Find the line with "let (j, lj, at)" and the line with "ready = proxy" in the entries below; output exactly those two lines, every line between them, and no others.

(Stored entries)
+---+

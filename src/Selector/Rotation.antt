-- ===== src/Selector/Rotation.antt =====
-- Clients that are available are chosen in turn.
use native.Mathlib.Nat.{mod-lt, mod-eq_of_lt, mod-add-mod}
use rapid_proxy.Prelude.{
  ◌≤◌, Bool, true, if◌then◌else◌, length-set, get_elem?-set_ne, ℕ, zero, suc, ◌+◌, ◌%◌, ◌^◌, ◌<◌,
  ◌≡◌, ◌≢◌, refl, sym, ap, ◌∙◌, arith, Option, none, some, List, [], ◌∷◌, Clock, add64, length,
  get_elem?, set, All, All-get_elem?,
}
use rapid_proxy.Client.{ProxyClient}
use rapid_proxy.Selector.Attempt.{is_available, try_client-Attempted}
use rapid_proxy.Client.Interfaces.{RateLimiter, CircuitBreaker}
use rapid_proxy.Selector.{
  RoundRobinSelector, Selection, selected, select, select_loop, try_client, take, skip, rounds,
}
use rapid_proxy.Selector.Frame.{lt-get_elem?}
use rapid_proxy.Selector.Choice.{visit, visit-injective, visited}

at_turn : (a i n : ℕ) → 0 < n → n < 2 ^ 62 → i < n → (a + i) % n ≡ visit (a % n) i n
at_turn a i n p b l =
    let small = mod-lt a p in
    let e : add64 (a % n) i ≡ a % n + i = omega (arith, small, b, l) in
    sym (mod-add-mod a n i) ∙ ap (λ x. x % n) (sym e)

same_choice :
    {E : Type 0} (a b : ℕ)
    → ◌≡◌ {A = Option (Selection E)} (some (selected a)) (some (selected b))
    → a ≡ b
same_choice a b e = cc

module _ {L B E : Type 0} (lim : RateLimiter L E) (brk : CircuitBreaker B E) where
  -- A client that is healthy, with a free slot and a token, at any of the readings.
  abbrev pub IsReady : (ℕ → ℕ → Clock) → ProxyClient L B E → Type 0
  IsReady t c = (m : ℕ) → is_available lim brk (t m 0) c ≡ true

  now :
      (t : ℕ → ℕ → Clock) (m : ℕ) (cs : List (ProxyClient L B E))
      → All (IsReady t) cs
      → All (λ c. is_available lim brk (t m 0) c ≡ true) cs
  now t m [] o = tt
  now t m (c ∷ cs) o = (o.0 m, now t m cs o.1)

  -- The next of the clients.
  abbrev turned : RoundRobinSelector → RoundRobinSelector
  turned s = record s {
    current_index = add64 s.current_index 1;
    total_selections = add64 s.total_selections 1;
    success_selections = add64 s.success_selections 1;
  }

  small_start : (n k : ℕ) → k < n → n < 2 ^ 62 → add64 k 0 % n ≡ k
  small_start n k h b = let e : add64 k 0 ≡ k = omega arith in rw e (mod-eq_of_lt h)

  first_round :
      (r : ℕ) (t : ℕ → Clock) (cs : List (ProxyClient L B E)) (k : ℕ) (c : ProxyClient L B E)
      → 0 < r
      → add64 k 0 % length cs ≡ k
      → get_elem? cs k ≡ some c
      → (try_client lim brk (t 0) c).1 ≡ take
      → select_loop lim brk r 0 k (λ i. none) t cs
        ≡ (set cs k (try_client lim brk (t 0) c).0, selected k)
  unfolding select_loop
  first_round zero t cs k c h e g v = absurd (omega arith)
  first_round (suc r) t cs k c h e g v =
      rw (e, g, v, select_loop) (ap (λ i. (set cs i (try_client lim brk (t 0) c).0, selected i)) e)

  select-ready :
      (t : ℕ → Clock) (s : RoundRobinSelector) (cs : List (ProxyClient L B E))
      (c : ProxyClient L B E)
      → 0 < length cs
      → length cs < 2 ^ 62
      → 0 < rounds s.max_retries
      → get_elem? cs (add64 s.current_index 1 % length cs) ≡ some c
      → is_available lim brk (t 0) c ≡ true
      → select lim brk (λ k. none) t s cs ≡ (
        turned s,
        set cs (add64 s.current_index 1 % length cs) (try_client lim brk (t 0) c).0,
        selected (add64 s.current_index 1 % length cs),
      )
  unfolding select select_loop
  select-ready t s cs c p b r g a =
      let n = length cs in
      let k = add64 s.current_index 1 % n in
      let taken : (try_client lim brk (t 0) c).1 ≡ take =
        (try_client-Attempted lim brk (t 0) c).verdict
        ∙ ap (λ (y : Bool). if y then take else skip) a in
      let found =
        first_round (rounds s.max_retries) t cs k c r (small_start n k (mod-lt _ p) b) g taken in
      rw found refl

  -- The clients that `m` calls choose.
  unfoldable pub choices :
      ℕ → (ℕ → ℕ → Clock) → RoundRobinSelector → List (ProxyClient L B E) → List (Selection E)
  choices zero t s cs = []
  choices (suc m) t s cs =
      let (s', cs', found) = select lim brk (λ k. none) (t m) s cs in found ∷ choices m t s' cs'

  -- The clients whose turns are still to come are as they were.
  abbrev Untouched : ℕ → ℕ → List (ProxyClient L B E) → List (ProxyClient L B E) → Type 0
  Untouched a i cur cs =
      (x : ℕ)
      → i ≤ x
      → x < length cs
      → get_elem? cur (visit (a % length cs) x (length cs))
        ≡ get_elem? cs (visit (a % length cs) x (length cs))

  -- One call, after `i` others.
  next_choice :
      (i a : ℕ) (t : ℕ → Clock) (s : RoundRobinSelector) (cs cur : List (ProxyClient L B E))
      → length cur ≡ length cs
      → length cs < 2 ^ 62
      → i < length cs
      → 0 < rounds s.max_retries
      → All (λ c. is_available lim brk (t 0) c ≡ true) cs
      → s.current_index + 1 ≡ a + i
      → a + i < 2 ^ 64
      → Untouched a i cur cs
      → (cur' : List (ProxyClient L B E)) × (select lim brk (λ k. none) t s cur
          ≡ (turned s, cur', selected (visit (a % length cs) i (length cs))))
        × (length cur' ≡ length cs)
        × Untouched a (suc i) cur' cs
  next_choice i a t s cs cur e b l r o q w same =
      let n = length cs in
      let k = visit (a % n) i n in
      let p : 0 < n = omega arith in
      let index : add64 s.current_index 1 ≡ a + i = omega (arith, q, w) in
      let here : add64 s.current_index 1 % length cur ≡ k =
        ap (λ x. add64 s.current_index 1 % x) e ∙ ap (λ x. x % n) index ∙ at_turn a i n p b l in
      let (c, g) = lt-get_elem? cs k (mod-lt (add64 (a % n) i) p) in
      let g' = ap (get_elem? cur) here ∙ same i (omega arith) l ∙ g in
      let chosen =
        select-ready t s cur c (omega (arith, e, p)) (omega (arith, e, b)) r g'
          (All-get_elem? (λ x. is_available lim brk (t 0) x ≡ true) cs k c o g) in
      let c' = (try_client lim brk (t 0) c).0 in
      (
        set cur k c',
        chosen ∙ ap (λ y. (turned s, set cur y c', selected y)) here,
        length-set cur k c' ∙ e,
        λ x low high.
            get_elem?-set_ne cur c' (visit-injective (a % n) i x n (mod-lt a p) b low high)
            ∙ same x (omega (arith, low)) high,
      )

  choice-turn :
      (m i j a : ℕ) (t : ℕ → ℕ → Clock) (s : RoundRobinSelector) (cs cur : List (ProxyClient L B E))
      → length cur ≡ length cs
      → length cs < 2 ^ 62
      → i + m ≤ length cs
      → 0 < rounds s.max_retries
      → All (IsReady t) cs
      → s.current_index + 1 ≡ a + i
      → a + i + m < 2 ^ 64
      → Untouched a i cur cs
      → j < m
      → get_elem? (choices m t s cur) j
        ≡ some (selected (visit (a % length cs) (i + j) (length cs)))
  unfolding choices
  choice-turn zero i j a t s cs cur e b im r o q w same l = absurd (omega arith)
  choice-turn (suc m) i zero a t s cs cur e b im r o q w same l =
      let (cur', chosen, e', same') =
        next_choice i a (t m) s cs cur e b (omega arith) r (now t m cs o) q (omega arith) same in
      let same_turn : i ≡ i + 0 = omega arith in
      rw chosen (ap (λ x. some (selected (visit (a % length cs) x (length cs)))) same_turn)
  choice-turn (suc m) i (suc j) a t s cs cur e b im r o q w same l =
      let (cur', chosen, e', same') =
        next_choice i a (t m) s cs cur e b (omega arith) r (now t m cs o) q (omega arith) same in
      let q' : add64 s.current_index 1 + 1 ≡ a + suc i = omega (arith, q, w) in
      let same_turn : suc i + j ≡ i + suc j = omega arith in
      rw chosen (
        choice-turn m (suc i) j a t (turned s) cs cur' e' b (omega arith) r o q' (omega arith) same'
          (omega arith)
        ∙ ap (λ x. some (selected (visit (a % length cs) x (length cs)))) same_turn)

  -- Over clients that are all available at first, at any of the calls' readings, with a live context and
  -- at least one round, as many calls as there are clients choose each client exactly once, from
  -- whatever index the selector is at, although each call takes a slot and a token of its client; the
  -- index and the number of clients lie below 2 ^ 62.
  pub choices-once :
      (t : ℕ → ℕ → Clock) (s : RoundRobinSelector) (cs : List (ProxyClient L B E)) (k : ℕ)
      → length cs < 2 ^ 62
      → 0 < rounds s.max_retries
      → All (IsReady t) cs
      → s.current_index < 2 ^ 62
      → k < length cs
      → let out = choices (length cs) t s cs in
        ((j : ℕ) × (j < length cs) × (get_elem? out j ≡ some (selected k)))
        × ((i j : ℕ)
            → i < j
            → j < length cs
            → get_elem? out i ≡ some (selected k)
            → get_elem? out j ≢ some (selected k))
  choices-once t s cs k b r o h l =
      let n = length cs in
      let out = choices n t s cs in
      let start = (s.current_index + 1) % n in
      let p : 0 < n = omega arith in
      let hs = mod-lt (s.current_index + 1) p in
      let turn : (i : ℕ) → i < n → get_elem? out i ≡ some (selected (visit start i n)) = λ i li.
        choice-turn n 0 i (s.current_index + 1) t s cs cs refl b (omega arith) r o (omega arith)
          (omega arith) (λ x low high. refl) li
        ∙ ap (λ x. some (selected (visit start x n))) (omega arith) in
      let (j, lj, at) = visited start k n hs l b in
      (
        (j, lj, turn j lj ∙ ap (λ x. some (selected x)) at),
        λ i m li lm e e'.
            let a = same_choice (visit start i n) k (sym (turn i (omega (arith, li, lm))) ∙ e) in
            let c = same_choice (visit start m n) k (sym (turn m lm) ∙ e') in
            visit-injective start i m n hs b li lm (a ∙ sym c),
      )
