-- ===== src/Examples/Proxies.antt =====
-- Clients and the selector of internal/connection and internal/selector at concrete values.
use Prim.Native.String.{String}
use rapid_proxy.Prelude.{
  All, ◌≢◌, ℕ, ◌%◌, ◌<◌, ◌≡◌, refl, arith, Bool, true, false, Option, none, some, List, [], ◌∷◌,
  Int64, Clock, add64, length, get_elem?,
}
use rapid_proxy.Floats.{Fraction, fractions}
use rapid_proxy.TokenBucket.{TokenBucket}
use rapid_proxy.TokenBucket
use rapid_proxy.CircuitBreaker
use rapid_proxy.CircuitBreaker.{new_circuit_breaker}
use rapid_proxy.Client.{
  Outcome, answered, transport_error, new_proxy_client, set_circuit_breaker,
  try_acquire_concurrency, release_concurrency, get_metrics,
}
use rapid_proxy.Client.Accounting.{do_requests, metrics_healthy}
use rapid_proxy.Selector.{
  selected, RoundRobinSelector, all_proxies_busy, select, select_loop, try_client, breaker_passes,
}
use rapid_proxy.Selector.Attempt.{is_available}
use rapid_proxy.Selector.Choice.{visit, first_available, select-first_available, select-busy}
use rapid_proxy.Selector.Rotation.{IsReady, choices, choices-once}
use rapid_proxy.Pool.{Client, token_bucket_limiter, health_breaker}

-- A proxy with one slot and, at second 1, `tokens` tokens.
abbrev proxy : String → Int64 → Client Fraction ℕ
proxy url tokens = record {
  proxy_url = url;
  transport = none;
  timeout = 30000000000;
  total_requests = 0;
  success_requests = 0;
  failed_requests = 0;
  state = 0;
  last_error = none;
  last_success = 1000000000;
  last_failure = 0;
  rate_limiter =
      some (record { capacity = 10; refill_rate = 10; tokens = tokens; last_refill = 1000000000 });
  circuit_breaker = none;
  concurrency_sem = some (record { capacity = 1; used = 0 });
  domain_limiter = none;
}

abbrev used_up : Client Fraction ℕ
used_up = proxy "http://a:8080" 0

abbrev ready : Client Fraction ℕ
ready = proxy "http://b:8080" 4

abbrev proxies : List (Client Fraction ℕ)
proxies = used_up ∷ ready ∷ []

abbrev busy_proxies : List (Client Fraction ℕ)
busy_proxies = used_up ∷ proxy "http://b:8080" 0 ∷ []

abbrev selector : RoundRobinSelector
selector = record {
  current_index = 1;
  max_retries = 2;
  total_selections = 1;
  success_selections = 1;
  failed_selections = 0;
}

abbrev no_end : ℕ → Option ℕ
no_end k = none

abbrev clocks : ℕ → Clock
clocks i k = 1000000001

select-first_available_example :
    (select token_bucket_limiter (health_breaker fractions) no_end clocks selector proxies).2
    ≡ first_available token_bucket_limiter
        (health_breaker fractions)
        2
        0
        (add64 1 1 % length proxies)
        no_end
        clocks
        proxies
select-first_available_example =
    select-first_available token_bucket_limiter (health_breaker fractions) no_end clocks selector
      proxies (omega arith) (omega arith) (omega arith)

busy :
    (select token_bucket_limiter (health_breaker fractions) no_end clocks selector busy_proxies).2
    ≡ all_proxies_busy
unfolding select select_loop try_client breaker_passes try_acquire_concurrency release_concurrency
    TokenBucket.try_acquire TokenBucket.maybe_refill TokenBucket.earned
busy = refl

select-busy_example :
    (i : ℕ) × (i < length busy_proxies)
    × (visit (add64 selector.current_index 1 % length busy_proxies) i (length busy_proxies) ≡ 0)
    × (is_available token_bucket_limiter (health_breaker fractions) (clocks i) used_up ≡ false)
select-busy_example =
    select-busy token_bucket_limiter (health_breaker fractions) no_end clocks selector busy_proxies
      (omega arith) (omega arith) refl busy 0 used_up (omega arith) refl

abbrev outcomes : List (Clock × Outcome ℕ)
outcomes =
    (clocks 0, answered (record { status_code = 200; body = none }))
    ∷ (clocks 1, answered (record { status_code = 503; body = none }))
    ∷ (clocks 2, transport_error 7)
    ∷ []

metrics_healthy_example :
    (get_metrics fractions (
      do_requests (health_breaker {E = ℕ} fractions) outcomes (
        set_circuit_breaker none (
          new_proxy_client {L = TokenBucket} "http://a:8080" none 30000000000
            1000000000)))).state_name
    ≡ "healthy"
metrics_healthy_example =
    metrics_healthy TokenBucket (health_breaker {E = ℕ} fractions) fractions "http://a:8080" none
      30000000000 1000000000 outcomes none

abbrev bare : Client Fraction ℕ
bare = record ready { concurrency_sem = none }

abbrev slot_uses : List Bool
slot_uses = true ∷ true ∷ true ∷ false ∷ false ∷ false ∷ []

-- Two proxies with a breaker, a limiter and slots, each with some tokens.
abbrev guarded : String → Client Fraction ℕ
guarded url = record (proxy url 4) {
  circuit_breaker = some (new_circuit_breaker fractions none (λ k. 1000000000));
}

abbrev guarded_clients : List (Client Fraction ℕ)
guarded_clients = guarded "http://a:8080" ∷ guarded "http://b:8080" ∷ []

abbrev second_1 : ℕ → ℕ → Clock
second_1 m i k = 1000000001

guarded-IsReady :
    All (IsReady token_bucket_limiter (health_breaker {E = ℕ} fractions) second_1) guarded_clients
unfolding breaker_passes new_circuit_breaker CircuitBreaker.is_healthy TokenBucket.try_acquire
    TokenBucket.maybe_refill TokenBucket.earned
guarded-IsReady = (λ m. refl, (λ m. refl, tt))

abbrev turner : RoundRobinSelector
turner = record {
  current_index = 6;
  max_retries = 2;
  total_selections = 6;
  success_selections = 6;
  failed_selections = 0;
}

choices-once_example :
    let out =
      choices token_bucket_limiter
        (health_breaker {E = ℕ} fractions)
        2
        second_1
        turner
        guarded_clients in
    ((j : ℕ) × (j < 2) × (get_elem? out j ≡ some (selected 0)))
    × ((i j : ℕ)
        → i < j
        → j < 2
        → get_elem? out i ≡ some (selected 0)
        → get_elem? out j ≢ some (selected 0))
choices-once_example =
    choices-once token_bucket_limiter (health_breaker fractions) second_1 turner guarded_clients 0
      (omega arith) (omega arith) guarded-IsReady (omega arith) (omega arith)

+---+

▸ **RESULT OF THE TASK**
      let (j, lj, at) = visited start k n hs l b in
      (
        (j, lj, turn j lj ∙ ap (λ x. some (selected x)) at),
        λ i m li lm e e'.
            let a = same_choice (visit start i n) k (sym (turn i (omega (arith, li, lm))) ∙ e) in
            let c = same_choice (visit start m n) k (sym (turn m lm) ∙ e') in
            visit-injective start i m n hs b li lm (a ∙ sym c),
      )
-- ===== src/Examples/Proxies.antt =====
-- Clients and the selector of internal/connection and internal/selector at concrete values.
use Prim.Native.String.{String}
use rapid_proxy.Prelude.{
  All, ◌≢◌, ℕ, ◌%◌, ◌<◌, ◌≡◌, refl, arith, Bool, true, false, Option, none, some, List, [], ◌∷◌,
  Int64, Clock, add64, length, get_elem?,
}
use rapid_proxy.Floats.{Fraction, fractions}
use rapid_proxy.TokenBucket.{TokenBucket}
use rapid_proxy.TokenBucket
use rapid_proxy.CircuitBreaker
use rapid_proxy.CircuitBreaker.{new_circuit_breaker}
use rapid_proxy.Client.{
  Outcome, answered, transport_error, new_proxy_client, set_circuit_breaker,
  try_acquire_concurrency, release_concurrency, get_metrics,
}
use rapid_proxy.Client.Accounting.{do_requests, metrics_healthy}
use rapid_proxy.Selector.{
  selected, RoundRobinSelector, all_proxies_busy, select, select_loop, try_client, breaker_passes,
}
use rapid_proxy.Selector.Attempt.{is_available}
use rapid_proxy.Selector.Choice.{visit, first_available, select-first_available, select-busy}
use rapid_proxy.Selector.Rotation.{IsReady, choices, choices-once}
use rapid_proxy.Pool.{Client, token_bucket_limiter, health_breaker}

-- A proxy with one slot and, at second 1, `tokens` tokens.
abbrev proxy : String → Int64 → Client Fraction ℕ
proxy url tokens = record {
  proxy_url = url;
  transport = none;
  timeout = 30000000000;
  total_requests = 0;
  success_requests = 0;
  failed_requests = 0;
  state = 0;
  last_error = none;
  last_success = 1000000000;
  last_failure = 0;
  rate_limiter =
      some (record { capacity = 10; refill_rate = 10; tokens = tokens; last_refill = 1000000000 });
  circuit_breaker = none;
  concurrency_sem = some (record { capacity = 1; used = 0 });
  domain_limiter = none;
}

abbrev used_up : Client Fraction ℕ
used_up = proxy "http://a:8080" 0

abbrev ready : Client Fraction ℕ
ready = proxy "http://b:8080" 4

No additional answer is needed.